AF : quel a été votre rôle sur l’Origin ?
FB: Philippe était le chef de projet, j’étais le chef de produit (définition marketing du produit, constitution / allocation des ressources, observance du budget).
PW : j’ai participé à la définition de l’architecture hardware. Puis j’ai défini l’architecture logicielle et dirigé l’équipe de développement software. En tant que développeur, j’ai travaillé sur l’OS des DSP et sur la refonte de la librairie audio Arturia pour qu’elle « rentre » dans les DSP.
AF : quelles ont été les principales difficultés rencontrées et comment les avez-vous surmontées ?

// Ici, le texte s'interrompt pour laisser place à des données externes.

-- ===== src/Ext/Future.antt =====
-- src/endpoint/ext/and_then.rs and src/endpoint/ext/recover.rs: an action, and then a future that a
-- function of the user makes from its output or from its error. The future is a parameter: a state
-- `Fut` and its `poll`. Both loops of `poll_action` end in at most two rounds, since the second
-- finds `in_flight` set.
pub mod Settling
pub mod Performing
use finch_router.Prelude.{Option, none, some, Outcome, ok, err, panicked}
use finch_router.Common.{One, one}
use finch_router.Crates.{Crates}
use finch_router.Error.{Error}
use finch_router.Context.{PreflightContext, ActionContext}
use finch_router.Action.{
  Async, ready, not_ready, completed, incomplete, map_async, map_ok, Checked, Polled,
  EndpointAction, Endpoint,
}

-- `AndThenAction` and `RecoverAction`, without the function, which is a constant
pub record WithFuture (S Fut : Type 0) : Type 0 where
  pub action : S
  pub in_flight : Option Fut

module _ {k : Crates} {Bd S T Fut R : Type 0} (poll : Fut → Outcome Error (Async R) × Fut)
    (a : EndpointAction k Bd S T) where
  -- the round of either loop that finds `in_flight` set
  unfoldable pub poll_in_flight :
      S → Fut → ActionContext k Bd → Polled k Bd (WithFuture S Fut) (One R)
  poll_in_flight s fut cx =
      let (r, fut') = poll fut in
      (map_ok (map_async one) r, record { action = s; in_flight = some fut' }, cx)

  module _ (f : T → Fut) where
    -- `debug_assert!(self.in_flight.is_none())` panics where it fails
    unfoldable pub preflight_and_then :
        WithFuture S Fut → PreflightContext k → Checked k (WithFuture S Fut) (One R)
    preflight_and_then s cx =
        let (r, s', cx') = a.preflight s.action cx in
        elim s.in_flight [
          | some _ ↦ (panicked, s, cx)
          | none ↦ elim r [
            | ok (completed output) ↦
                (ok incomplete, record { action = s'; in_flight = some (f output) }, cx')
            | ok incomplete ↦ (ok incomplete, record { action = s'; in_flight = none }, cx')
            | err e ↦ (err e, record { action = s'; in_flight = none }, cx')
            | panicked ↦ (panicked, record { action = s'; in_flight = none }, cx')
          ]
        ]

    unfoldable pub poll_and_then :
        WithFuture S Fut → ActionContext k Bd → Polled k Bd (WithFuture S Fut) (One R)
    unfolding poll_in_flight
    poll_and_then s cx =
        let (r, s', cx') = a.poll_action s.action cx in
        elim s.in_flight [
          | some fut ↦ poll_in_flight s.action fut cx
          | none ↦ elim r [
            | ok (ready args) ↦ poll_in_flight s' (f args) cx'
            | ok not_ready ↦ (ok not_ready, record { action = s'; in_flight = none }, cx')
            | err e ↦ (err e, record { action = s'; in_flight = none }, cx')
            | panicked ↦ (panicked, record { action = s'; in_flight = none }, cx')
          ]
        ]

    unfoldable pub and_then_action : EndpointAction k Bd (WithFuture S Fut) (One R)
    unfolding preflight_and_then poll_and_then
    and_then_action = record { preflight = preflight_and_then; poll_action = poll_and_then }

module _ {k : Crates} {Bd S Fut R : Type 0} (poll : Fut → Outcome Error (Async R) × Fut)
    (a : EndpointAction k Bd S (One R)) (f : Error → Fut) where
  unfoldable pub preflight_recover :
      WithFuture S Fut → PreflightContext k → Checked k (WithFuture S Fut) (One R)
  preflight_recover s cx =
      let (r, s', cx') = a.preflight s.action cx in
      elim s.in_flight [
        | some _ ↦ (panicked, s, cx)
        | none ↦ elim r [
          | ok x ↦ (ok x, record { action = s'; in_flight = none }, cx')
          | err e ↦ (ok incomplete, record { action = s'; in_flight = some (f e) }, cx')
          | panicked ↦ (panicked, record { action = s'; in_flight = none }, cx')
        ]
      ]

  unfoldable pub poll_recover :
      WithFuture S Fut → ActionContext k Bd → Polled k Bd (WithFuture S Fut) (One R)
  unfolding poll_in_flight
  poll_recover s cx =
      let (r, s', cx') = a.poll_action s.action cx in
      elim s.in_flight [
        | some fut ↦ poll_in_flight poll a s.action fut cx
        | none ↦ elim r [
          | ok x ↦ (ok x, record { action = s'; in_flight = none }, cx')
          | err e ↦ poll_in_flight poll a s' (f e) cx'
          | panicked ↦ (panicked, record { action = s'; in_flight = none }, cx')
        ]
      ]

  unfoldable pub recover_action : EndpointAction k Bd (WithFuture S Fut) (One R)
  unfolding preflight_recover poll_recover
  recover_action = record { preflight = preflight_recover; poll_action = poll_recover }

module _ {k : Crates} {Bd S Fut R : Type 0} (poll : Fut → Outcome Error (Async R) × Fut) where
  -- `EndpointExt::and_then`, and `Endpoint for AndThen`
  unfoldable pub and_then :
      {T : Type 0} → Endpoint k Bd S T → (T → Fut) → Endpoint k Bd (WithFuture S Fut) (One R)
  unfolding and_then_action
  and_then e f = record {
    action = record { action = e.action; in_flight = none };
    behaviour = and_then_action poll e.behaviour f;
  }

  -- `EndpointExt::recover`, and `Endpoint for Recover`
  unfoldable pub recover :
      Endpoint k Bd S (One R) → (Error → Fut) → Endpoint k Bd (WithFuture S Fut) (One R)
  unfolding recover_action
  recover e f = record {
    action = record { action = e.action; in_flight = none };
    behaviour = recover_action poll e.behaviour f;
  }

PW : trouver le bon équilibre entre ce qu’on voulait mettre dans la machine et ce qu’il était possible de faire. La recherche de cet équilibre nous a demandé du temps et on a dû réécrire le code de la librairie audio Arturia pour tenir compte des contraintes mémoires sévères sur une architecture embarquée à base de DSP.
AF : de quoi êtes-vous le plus fier aujourd’hui ?
PW : en tant que musicien, c’est d’avoir participé à la création d’une belle machine comme Origin. En tant que technicien, c’est d’avoir réussi à sortir une machine complexe qui marche, enfin je crois :-)
AF : sur quelles améliorations d’OS travaillez-vous ?
PW : augmentation de la polyphonie, nouveaux gabarits (CS80, Jupiter-8, ARP2600), un plug-in AU/VST…
AF : quels sont les projets d’Arturia ?
FB: nous avons annoncé pas mal de choses, notamment une très belle mise à jour pour Brass. C’est quasiment un nouveau produit tant nous sommes allés loin dans la refonte de cet instrument virtuel, aux côtés de l’Ircam. Il est clair que le modèle physique est une direction qui nous intéresse et à laquelle nous croyons. Nous aurons d’autres produits dans ce domaine. Nous aurons également de nouveaux produits synthés, notamment des mises à jour pour Origin qui est devenu le vaisseau amiral de notre gamme. La version clavier sera une étape importante pour nous et nous l’anticipons pour l’automne prochain. Nous aurons enfin un produit d’une nature nouvelle, probablement en début d’année prochaine. Je ne peux pas en dire plus, mais nous travaillons en respectant les valeurs qui ont fait notre force jusqu’ici : l’innovation, la qualité sonore et la simplicité de prise en main.